The ones that are relevant here are, I suppose, those that find an algorithm
for evaluating an expression that has lower complexity than the naive
algorithm.
Some examples:
$x < $y naively requires X*Y comparisons where X and Y are the cardinalities
of the two node-sets. Saxon evaluates it as min($x) < max($y) which requires
only O(X+Y) operations. It would be possible to optimise $x[not($x > .)]
using the same trick, but Saxon currently doesn't.
xsl:for-each with no xsl:sort naively requires to sort the selected nodes
into document order which would take O(n log n) operations. Saxon goes to
considerable pains to detect cases where the nodes are already naturally
sorted, reducing this to O(n).
$x[1] naively requires a comparison on each element of the list to see if
its position is equal to 1 (so it would be O(X)). Saxon just looks at the
first element, which is O(1).
not($x), where $x is a node-set, naively evaluates the node-set (which is
typically O(X), or even more naively O(X log X) if you were to eliminate
duplicates eagerly) and then tests to see if it is empty (which can be done
in O(1)). Saxon 5.5.1 will usually avoid evaluating the node-set and
eliminating duplicates, but not always, it depends how it is defined.
<xsl:number/> naively requires counting of the nodes that precede a given
node, which requires O(n) operations; therefore numbering a sequence of n
nodes requires O(n^2) operations.

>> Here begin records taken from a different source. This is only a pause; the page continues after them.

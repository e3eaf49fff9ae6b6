-- ===== src/Messages/Batches.antt =====
-- The loop of `message_array_generate_from_client` over the frames of one read.
use jm_bus.Common.{
  ℕ, zero, suc, ◌+◌, ◌-◌, ◌*◌, ◌^◌, ◌≤◌, ◌<◌, ◌≡◌, ◌≢◌, refl, sym, ap, ◌∙◌, ◌⊎◌, inl, inr, true,
  false, some, List, [], ◌∷◌, ◌++◌, length, drop, arith, ltb, leb, ◌==◌, append-nil, length-append,
  ok, fault, bad_free, and_then, Returns, drop_exact, pure,
}
use jm_bus.Cstd.{Array, ArrayLib, Plenty, len, fresh}
use jm_bus.Cstd.Loops.{inserts}
use jm_bus.Bytes.{u64, sign_extend}
use jm_bus.Messages.{Message, messages_read}
use jm_bus.Messages.Frames.{frame, length-frame}
use jm_bus.Messages.Reading.{Decodes, messages_read-frame}
use jm_bus.Messages.Receive.{parse_loop}
use jm_bus.Sockets.{Sockets}

pub record Frame : Type 0 where
  pub type : ℕ
  pub topic : List ℕ
  pub body : List ℕ

abbrev pub encode : Frame → List ℕ
encode f = frame f.type f.topic f.body

abbrev pub encode_all : List Frame → List ℕ
encode_all [] = []
encode_all (f ∷ fs) = encode f ++ encode_all fs

length-encode_all : (fs : List Frame) → 9 * length fs ≤ length (encode_all fs)
length-encode_all [] = omega arith
length-encode_all (f ∷ fs) = omega (
  arith,
  length-append (encode f) (encode_all fs),
  length-frame f.type f.topic f.body,
  length-encode_all fs,
)

module _ {W : Type 0} (os : Sockets W) (lib : ArrayLib W) (plenty : Plenty lib) where
  -- What one round has read: the message, and the world behind the read and behind the insertion.
  record Round (a : Array ℕ) (f : Frame) (result : Array Message) (w : W) : Type 0 where
    msg : Message
    seen : W
    read : messages_read lib a w ≡ ok (length (encode f), some msg) seen
    decodes : Decodes msg f.type f.topic f.body
    inserted : (lib.insert result msg seen).0.0 ≡ true

  round :
      (a : Array ℕ) (f : Frame) (rest : List ℕ) (result : Array Message) (w : W)
      → a.items ≡ encode f ++ rest
      → len a < 2 ^ 31
      → Round a f result w
  round a f rest result w items few =
      let size : len a ≡ 9 + length f.topic + length f.body + length rest = omega (
        arith,
        ap length items,
        length-append (encode f) rest,
        length-frame f.type f.topic f.body,
      ) in
      let (r, w', run, (m, e, d)) =
        messages_read-frame lib plenty a f.type f.topic f.body rest w items (omega arith)
          (omega arith) (omega arith) in
      record {
        msg = m;
        seen = w';
        read = run ∙ ap (λ k. ok k w') e;
        decodes = d;
        inserted = inserts lib plenty result m w';
      }

  module _ (fuel n original_len : ℕ) (a : Array ℕ) (f : Frame) (result : Array Message)
      (w : W) where
    -- The last frame: the buffer stays, and is freed.
    last-Round :
        a.items ≡ encode f
        → n + len a ≡ original_len
        → original_len < 2 ^ 31
        → (r : Round a f result w)
        → parse_loop os lib (suc (suc fuel)) a n original_len result w
          ≡ and_then
              (lib.free a (lib.insert result r.msg r.seen).1)
              (λ _. pure (some (lib.insert result r.msg r.seen).0.1))
    unfolding parse_loop
    last-Round items all small r =
        let k = length (encode f) in
        let size : len a ≡ k = ap length items in
        let more : ltb n original_len ≡ true = ground (arith, length-frame f.type f.topic f.body) in
        let positive : (sign_extend k == 0) ≡ false =
          ground (arith, length-frame f.type f.topic f.body) in
        let next : u64 (n + sign_extend k) ≡ original_len = ground arith in
        let done : ltb original_len original_len ≡ false = ground arith in
        rw (more, r.read, positive, next, done, r.inserted) refl

    -- A frame with more behind it: the buffer's pointer moves past the frame.
    inner-Round :
        (rest : List ℕ)
        → a.items ≡ encode f ++ rest
        → rest ≢ []
        → n + len a ≡ original_len
        → original_len < 2 ^ 31
        → (r : Round a f result w)
        → parse_loop os lib (suc fuel) a n original_len result w
          ≡ parse_loop os lib fuel
              (record a { items = rest; offset = a.offset + length (encode f) })
              (n + length (encode f))
              original_len
              (lib.insert result r.msg r.seen).0.1
              (lib.insert result r.msg r.seen).1
    unfolding parse_loop
    inner-Round rest items some_left all small r =
        let k = length (encode f) in
        let long : 0 < k = omega (arith, length-frame f.type f.topic f.body) in
        let nonempty : 0 < length rest = ground arith in
        let size : len a ≡ k + length rest = ap length items ∙ length-append (encode f) rest in
        let more : ltb n original_len ≡ true = ground arith in
        let kept : sign_extend k ≡ k = ground arith in
        let positive : (k == 0) ≡ false = ground arith in
        let next : u64 (n + k) ≡ n + k = omega arith in
        let before : ltb (n + k) original_len ≡ true = ground arith in
        let within : leb k (len a) ≡ true = ground arith in
        let behind : drop k a.items ≡ rest =
          ap (drop k) items ∙ drop_exact (encode f) rest k refl in
        rw (more, r.read, kept, positive, next, before, within, behind, r.inserted) refl

  -- Frames behind one another, read from a buffer that is freed elsewhere than at its start.
  parse_frames_fault :
      (fs : List Frame) (f : Frame) (fuel n original_len : ℕ) (a : Array ℕ) (result : Array Message)
      (w : W)
      → a.items ≡ encode_all (f ∷ fs)
      → n + len a ≡ original_len
      → original_len < 2 ^ 31
      → length fs + 2 ≤ fuel
      → (a.offset ≢ 0) ⊎ (fs ≢ [])
      → parse_loop os lib fuel a n original_len result w ≡ fault bad_free
  parse_frames_fault [] f zero n o a result w items all small enough h = absurd (omega arith)
  parse_frames_fault [] f (suc zero) n o a result w items all small enough h = absurd (omega arith)
  parse_frames_fault [] f (suc (suc fuel)) n o a result w items all small enough h =
      let moved : a.offset ≢ 0 = ground arith in
      let r = round a f [] result w items (omega arith) in
      last-Round fuel n o a f result w (items ∙ append-nil (encode f)) all small r
      ∙ rw (lib.free_inside a (lib.insert result r.msg r.seen).1 moved) refl
  parse_frames_fault (g ∷ fs) f zero n o a result w items all small enough h = absurd (omega arith)
  parse_frames_fault (g ∷ fs) f (suc fuel) n o a result w items all small enough h =
      let k = length (encode f) in
      let rest = encode_all (g ∷ fs) in
      let r = round a f rest result w items (omega arith) in
      let size : len a ≡ k + length rest = ap length items ∙ length-append (encode f) rest in
      inner-Round fuel n o a f result w rest items (λ e. cc) all small r
      ∙ parse_frames_fault fs g fuel (n + k) o (record a { items = rest; offset = a.offset + k }) _
          _ refl (omega arith) small (omega arith)
          (inl (omega (arith, length-frame f.type f.topic f.body)))

  -- A read that brings one frame, below 2^31 bytes, in a buffer that begins at its allocation:
  -- while memory lasts, the loop of `message_array_generate_from_client` returns the one message
  -- that the frame encodes.
  pub parse_one_frame :
      (f : Frame) (a : Array ℕ) (w : W)
      → a.items ≡ encode f
      → a.offset ≡ 0
      → len a < 2 ^ 31
      → Returns (parse_loop os lib (suc (len a)) a 0 (len a) (fresh 2) w) λ r _.
        (m : Message) × (out : Array Message) × (r ≡ some out)
        × (out.items ≡ m ∷ [])
        × Decodes m f.type f.topic f.body
  parse_one_frame f a w items start small =
      let size : len a ≡ length (encode f) = ap length items in
      let long : len a ≡ suc (len a - 1) = omega (arith, length-frame f.type f.topic f.body) in
      let r = round a f [] (fresh 2) w (items ∙ sym (append-nil (encode f))) small in
      let w₁ = (lib.insert (fresh 2) r.msg r.seen).1 in
      let out = (lib.insert (fresh 2) r.msg r.seen).0.1 in
      let (w₂, freed) = lib.free_start a w₁ start in
      (
        some out,
        w₂,
        ap (λ k. parse_loop os lib (suc k) a 0 (len a) (fresh 2) w) long
            ∙ last-Round (len a - 1) 0 (len a) a f (fresh 2) w items (omega arith) small r
            ∙ rw freed refl,
        (r.msg, out, refl, (lib.insert_true (fresh 2) r.msg r.seen r.inserted).0, r.decodes),
      )

  -- A read that brings two frames or more, below 2^31 bytes together: while memory lasts, the loop
  -- of `message_array_generate_from_client` ends in a `free` of a pointer behind the start of the
  -- buffer.
  pub parse_many_frames :
      (f g : Frame) (fs : List Frame) (a : Array ℕ) (w : W)
      → a.items ≡ encode_all (f ∷ g ∷ fs)
      → len a < 2 ^ 31
      → parse_loop os lib (suc (len a)) a 0 (len a) (fresh 2) w ≡ fault bad_free
  parse_many_frames f g fs a w items small =
      parse_frames_fault (g ∷ fs) f (suc (len a)) 0 (len a) a (fresh 2) w items (omega arith) small
        (omega (arith, ap length items, many)) (inr (λ e. cc))
    where
      many : length (f ∷ g ∷ fs) + 1 ≤ length (encode_all (f ∷ g ∷ fs))
      many = omega (arith, length-encode_all (f ∷ g ∷ fs))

Saxon in some cases (but not all)
remembers the last node and its number, so that numbering a sequence of n
nodes becomes O(n).
I'm afraid that's a very incomplete list, but perhaps it gives a flavour.
Further to this, Jeni Tennison responds
It's particularly enlightening for me to see that the relative
complexity of the algorithm does not necessarily mean it's generally
worse - it's always a matter of balancing different criteria for a
particular problem.
Indeed, I think I'm right in saying that you can have two algorithms
that do the same thing in different times but with the same
complexity, so Mike's point that:
num[not(../num > .)][1]
is still 0(n^2) is a comment about how the run-time of the XPath will
increase as more nums are added: it doesn't matter how much time it
takes or the fact it might stop half way through.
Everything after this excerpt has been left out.